• TASK STATEMENT: From the first line of the entries below to the line with "itself (add_key c k keys)", give each line again exactly.

Collected data entries:
□ □ □

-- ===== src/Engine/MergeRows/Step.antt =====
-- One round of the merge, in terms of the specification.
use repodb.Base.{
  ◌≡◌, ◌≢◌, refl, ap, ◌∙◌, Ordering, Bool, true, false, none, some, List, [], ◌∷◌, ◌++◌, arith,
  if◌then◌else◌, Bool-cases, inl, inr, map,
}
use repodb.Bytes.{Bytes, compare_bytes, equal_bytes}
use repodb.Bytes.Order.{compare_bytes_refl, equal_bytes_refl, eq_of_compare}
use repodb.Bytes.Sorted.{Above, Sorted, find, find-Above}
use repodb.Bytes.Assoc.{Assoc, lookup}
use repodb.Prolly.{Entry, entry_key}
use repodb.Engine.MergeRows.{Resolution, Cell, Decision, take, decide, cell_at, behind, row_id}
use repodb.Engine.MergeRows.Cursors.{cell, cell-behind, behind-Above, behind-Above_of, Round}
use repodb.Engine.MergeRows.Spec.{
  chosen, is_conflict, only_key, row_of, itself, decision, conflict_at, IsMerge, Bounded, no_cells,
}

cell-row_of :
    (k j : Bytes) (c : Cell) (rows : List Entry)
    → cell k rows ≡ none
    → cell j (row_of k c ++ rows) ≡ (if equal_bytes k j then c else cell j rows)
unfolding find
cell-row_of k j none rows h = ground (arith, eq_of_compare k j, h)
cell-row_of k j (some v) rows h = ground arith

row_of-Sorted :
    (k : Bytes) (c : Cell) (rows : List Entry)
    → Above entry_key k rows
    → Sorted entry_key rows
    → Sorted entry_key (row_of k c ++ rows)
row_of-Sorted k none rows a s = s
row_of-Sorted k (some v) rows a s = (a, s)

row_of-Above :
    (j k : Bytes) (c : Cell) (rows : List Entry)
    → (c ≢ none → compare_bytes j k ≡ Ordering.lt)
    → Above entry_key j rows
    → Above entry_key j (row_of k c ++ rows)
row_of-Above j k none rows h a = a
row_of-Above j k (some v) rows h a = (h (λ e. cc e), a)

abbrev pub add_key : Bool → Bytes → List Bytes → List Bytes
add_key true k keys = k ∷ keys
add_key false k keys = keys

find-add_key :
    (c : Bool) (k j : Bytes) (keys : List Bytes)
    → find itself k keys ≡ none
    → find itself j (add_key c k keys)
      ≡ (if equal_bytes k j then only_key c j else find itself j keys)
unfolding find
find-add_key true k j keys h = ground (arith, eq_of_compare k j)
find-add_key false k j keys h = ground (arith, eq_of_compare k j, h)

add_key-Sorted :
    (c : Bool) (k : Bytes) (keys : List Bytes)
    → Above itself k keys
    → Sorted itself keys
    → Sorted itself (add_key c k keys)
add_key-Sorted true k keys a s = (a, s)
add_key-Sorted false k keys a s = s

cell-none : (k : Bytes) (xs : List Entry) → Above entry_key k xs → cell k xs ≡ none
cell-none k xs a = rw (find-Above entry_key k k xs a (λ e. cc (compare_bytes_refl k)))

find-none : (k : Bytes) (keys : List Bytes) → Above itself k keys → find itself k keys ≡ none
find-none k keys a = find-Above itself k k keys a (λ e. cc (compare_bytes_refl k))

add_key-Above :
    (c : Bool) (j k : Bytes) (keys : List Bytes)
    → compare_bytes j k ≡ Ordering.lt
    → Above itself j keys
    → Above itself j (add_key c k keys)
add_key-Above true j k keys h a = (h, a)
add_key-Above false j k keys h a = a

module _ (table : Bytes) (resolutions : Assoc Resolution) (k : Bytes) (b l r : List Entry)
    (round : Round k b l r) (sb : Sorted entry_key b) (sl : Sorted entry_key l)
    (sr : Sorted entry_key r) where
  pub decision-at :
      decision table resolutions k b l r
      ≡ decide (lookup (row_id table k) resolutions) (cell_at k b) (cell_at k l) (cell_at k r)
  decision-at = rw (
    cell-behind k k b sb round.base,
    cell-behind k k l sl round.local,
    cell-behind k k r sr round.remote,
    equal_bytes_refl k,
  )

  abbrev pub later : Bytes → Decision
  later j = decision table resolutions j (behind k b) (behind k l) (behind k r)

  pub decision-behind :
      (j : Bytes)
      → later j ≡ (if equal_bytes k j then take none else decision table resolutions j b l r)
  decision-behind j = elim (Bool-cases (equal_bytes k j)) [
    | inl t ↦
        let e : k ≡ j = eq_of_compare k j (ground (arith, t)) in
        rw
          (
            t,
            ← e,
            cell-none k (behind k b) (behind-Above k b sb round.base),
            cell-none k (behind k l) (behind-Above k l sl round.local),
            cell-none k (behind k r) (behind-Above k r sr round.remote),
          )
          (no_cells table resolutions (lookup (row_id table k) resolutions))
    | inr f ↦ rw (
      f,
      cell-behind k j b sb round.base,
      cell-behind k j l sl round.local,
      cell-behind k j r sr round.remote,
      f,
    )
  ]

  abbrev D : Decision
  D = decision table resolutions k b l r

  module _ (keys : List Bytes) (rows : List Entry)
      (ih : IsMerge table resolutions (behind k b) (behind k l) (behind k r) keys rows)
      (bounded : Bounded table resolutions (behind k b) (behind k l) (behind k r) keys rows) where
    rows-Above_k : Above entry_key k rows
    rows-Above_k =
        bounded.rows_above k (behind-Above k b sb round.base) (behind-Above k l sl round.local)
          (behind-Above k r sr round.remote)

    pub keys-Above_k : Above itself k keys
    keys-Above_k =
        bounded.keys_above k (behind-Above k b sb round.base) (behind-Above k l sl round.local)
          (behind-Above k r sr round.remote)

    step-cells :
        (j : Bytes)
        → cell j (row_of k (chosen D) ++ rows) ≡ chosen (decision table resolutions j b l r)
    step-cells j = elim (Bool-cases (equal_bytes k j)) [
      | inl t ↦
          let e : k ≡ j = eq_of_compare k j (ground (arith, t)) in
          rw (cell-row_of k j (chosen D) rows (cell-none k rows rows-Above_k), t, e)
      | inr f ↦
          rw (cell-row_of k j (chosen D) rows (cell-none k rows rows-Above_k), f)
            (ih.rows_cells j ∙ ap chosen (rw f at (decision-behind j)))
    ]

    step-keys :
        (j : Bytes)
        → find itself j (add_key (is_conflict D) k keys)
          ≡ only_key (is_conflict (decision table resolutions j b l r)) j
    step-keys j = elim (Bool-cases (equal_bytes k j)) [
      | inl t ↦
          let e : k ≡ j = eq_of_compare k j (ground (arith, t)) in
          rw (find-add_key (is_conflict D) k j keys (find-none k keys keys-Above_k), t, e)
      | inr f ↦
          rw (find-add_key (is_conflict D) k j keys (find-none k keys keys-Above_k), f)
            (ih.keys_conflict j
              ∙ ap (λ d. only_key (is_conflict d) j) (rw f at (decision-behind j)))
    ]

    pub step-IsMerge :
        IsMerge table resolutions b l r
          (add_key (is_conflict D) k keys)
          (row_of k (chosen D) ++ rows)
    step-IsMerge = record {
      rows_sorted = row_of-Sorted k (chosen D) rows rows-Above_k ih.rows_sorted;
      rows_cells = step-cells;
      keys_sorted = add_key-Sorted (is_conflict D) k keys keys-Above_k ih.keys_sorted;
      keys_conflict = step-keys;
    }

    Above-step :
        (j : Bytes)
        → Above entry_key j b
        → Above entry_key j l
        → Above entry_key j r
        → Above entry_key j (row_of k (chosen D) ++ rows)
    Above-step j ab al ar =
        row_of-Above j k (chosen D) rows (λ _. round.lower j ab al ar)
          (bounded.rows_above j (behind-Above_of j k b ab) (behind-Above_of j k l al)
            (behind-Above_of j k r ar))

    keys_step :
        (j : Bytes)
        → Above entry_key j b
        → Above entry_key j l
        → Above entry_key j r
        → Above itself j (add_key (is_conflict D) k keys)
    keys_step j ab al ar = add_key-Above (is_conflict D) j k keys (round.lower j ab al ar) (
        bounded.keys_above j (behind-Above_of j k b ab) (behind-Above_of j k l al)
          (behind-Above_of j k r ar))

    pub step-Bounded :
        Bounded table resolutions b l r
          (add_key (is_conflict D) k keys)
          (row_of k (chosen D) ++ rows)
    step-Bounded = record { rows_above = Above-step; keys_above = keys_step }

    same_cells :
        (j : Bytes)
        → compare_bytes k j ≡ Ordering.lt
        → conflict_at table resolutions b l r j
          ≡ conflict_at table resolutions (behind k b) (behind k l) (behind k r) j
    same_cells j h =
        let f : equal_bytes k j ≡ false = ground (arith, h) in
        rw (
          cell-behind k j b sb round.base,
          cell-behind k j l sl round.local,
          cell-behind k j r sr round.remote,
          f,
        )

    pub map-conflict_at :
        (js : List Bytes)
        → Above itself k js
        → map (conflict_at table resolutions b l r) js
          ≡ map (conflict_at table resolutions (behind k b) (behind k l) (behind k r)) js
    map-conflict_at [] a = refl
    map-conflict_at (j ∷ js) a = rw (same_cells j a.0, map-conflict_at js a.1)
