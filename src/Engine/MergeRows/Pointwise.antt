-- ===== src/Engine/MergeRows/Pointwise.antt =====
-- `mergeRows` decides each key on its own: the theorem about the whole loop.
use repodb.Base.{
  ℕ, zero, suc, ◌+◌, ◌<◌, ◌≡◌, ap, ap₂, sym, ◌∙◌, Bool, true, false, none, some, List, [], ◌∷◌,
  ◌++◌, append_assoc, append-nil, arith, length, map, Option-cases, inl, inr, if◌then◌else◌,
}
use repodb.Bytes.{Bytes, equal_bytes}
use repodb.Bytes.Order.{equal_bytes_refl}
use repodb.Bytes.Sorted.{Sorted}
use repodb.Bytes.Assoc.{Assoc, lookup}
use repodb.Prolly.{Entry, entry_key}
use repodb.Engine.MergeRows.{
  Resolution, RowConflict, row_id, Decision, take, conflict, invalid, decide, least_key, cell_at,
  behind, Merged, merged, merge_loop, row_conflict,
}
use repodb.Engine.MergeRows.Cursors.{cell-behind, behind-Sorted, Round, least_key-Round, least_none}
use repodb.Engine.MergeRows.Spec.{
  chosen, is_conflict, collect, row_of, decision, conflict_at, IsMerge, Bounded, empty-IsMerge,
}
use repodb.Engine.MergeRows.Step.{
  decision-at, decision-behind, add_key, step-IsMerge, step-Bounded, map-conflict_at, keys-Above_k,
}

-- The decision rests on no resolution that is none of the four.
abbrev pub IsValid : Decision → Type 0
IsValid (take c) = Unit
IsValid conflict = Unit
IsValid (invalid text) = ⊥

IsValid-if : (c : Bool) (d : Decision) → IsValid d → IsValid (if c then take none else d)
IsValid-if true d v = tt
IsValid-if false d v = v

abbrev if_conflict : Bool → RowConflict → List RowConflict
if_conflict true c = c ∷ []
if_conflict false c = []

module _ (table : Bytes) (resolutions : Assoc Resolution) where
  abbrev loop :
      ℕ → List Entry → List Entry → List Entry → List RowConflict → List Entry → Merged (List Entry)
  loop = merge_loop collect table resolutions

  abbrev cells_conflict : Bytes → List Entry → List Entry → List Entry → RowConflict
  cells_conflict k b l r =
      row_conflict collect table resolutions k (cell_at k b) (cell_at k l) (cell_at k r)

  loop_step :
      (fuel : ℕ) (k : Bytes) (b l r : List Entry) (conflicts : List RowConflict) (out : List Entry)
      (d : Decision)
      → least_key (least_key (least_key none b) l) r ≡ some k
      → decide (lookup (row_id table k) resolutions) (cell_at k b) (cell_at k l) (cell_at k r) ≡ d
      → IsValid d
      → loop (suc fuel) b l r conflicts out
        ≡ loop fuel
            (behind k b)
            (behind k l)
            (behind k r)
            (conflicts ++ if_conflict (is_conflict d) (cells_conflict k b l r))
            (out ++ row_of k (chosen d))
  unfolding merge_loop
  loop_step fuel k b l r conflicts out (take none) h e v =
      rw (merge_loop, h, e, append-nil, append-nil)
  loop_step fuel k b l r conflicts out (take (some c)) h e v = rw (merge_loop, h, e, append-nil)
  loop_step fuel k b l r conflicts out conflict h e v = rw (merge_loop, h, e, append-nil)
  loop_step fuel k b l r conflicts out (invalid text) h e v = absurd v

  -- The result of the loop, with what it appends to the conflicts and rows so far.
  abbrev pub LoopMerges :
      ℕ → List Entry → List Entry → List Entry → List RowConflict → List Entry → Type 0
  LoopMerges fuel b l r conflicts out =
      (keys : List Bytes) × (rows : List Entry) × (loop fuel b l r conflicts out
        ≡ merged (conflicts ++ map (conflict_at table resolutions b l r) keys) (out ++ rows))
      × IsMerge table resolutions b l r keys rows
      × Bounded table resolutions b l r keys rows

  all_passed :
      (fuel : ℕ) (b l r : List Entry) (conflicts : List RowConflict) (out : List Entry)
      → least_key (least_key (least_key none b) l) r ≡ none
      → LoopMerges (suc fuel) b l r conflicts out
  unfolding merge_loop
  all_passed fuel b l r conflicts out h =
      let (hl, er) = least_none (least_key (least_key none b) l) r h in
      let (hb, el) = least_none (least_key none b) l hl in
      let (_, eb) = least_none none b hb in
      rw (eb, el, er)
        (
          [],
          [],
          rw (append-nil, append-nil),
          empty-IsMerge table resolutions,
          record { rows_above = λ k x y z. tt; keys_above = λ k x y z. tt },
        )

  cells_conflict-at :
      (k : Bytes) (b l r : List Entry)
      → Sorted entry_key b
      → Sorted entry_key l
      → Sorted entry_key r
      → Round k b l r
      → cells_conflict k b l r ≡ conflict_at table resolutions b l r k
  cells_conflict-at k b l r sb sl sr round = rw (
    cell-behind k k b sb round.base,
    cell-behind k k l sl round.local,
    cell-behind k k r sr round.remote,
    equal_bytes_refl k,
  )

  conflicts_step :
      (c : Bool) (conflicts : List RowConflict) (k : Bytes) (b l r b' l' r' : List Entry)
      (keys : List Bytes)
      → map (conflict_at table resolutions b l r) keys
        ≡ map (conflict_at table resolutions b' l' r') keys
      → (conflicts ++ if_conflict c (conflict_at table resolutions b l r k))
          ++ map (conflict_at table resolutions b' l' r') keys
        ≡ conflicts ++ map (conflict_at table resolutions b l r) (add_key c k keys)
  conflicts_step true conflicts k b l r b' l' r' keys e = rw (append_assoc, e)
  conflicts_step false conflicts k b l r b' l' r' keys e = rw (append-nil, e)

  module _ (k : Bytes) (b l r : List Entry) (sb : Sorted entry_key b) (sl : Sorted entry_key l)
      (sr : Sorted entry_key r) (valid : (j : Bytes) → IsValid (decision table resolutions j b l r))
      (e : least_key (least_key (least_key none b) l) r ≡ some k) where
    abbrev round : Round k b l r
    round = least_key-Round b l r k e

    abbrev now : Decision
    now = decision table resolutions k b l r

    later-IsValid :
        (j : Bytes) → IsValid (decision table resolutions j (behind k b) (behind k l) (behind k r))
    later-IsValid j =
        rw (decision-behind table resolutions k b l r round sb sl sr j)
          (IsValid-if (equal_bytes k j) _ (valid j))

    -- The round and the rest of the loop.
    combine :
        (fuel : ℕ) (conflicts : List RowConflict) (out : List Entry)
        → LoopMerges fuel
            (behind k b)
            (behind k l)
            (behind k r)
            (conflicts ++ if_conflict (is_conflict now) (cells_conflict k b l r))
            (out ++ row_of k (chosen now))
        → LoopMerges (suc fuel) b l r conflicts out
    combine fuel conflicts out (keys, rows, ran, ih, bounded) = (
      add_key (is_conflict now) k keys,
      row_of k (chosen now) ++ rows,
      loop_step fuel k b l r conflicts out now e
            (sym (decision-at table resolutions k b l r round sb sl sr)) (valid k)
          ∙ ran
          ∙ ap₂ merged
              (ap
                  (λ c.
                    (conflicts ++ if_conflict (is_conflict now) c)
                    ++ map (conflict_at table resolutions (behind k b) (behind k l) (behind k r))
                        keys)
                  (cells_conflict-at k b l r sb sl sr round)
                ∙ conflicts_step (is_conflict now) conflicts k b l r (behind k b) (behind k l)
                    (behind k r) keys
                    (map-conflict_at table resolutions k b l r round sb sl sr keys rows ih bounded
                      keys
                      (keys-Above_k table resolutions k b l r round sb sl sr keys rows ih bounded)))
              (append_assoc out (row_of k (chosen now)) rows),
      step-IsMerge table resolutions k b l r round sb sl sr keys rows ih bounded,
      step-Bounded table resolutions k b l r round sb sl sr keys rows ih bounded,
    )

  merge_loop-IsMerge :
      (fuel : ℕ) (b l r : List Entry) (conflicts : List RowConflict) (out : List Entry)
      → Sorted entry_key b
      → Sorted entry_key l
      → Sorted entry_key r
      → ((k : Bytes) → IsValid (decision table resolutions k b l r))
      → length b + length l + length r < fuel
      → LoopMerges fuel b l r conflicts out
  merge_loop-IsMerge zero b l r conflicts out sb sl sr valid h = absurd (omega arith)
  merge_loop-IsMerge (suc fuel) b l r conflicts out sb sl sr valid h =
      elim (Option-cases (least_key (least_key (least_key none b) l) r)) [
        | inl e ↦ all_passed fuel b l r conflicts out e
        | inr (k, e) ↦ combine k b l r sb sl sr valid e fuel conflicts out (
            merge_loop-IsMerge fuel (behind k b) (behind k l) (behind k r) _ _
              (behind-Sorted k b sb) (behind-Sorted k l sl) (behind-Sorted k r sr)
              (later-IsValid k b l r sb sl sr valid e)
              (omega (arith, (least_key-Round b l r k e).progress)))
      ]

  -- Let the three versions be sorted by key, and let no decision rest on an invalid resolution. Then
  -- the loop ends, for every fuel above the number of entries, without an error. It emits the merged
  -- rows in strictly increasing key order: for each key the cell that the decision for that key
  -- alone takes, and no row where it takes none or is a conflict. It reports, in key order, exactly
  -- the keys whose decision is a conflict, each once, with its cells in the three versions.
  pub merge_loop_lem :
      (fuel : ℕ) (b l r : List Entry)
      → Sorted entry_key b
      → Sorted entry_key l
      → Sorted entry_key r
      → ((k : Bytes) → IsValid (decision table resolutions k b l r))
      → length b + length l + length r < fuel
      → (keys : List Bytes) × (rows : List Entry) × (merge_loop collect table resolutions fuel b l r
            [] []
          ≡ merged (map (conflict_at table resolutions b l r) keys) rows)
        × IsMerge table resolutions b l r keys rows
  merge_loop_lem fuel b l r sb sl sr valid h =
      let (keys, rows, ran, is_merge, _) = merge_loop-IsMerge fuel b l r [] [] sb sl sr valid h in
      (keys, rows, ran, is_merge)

□ □ □

• EXERCISE ANSWER:
-- ===== src/Engine/MergeRows/Step.antt =====
-- One round of the merge, in terms of the specification.
use repodb.Base.{
  ◌≡◌, ◌≢◌, refl, ap, ◌∙◌, Ordering, Bool, true, false, none, some, List, [], ◌∷◌, ◌++◌, arith,
  if◌then◌else◌, Bool-cases, inl, inr, map,
}
use repodb.Bytes.{Bytes, compare_bytes, equal_bytes}
use repodb.Bytes.Order.{compare_bytes_refl, equal_bytes_refl, eq_of_compare}
use repodb.Bytes.Sorted.{Above, Sorted, find, find-Above}
use repodb.Bytes.Assoc.{Assoc, lookup}
use repodb.Prolly.{Entry, entry_key}
use repodb.Engine.MergeRows.{Resolution, Cell, Decision, take, decide, cell_at, behind, row_id}
use repodb.Engine.MergeRows.Cursors.{cell, cell-behind, behind-Above, behind-Above_of, Round}
use repodb.Engine.MergeRows.Spec.{
  chosen, is_conflict, only_key, row_of, itself, decision, conflict_at, IsMerge, Bounded, no_cells,
}

cell-row_of :
    (k j : Bytes) (c : Cell) (rows : List Entry)
    → cell k rows ≡ none
    → cell j (row_of k c ++ rows) ≡ (if equal_bytes k j then c else cell j rows)
unfolding find
cell-row_of k j none rows h = ground (arith, eq_of_compare k j, h)
cell-row_of k j (some v) rows h = ground arith

row_of-Sorted :
    (k : Bytes) (c : Cell) (rows : List Entry)
    → Above entry_key k rows
    → Sorted entry_key rows
    → Sorted entry_key (row_of k c ++ rows)
row_of-Sorted k none rows a s = s
row_of-Sorted k (some v) rows a s = (a, s)

row_of-Above :
    (j k : Bytes) (c : Cell) (rows : List Entry)
    → (c ≢ none → compare_bytes j k ≡ Ordering.lt)
    → Above entry_key j rows
    → Above entry_key j (row_of k c ++ rows)
row_of-Above j k none rows h a = a
row_of-Above j k (some v) rows h a = (h (λ e. cc e), a)

abbrev pub add_key : Bool → Bytes → List Bytes → List Bytes
add_key true k keys = k ∷ keys
add_key false k keys = keys

find-add_key :
    (c : Bool) (k j : Bytes) (keys : List Bytes)
    → find itself k keys ≡ none
    → find itself j (add_key c k keys)
      ≡ (if equal_bytes k j then only_key c j else find itself j keys)
unfolding find
find-add_key true k j keys h = ground (arith, eq_of_compare k j)
find-add_key false k j keys h = ground (arith, eq_of_compare k j, h)

add_key-Sorted :
    (c : Bool) (k : Bytes) (keys : List Bytes)
    → Above itself k keys
    → Sorted itself keys
    → Sorted itself (add_key c k keys)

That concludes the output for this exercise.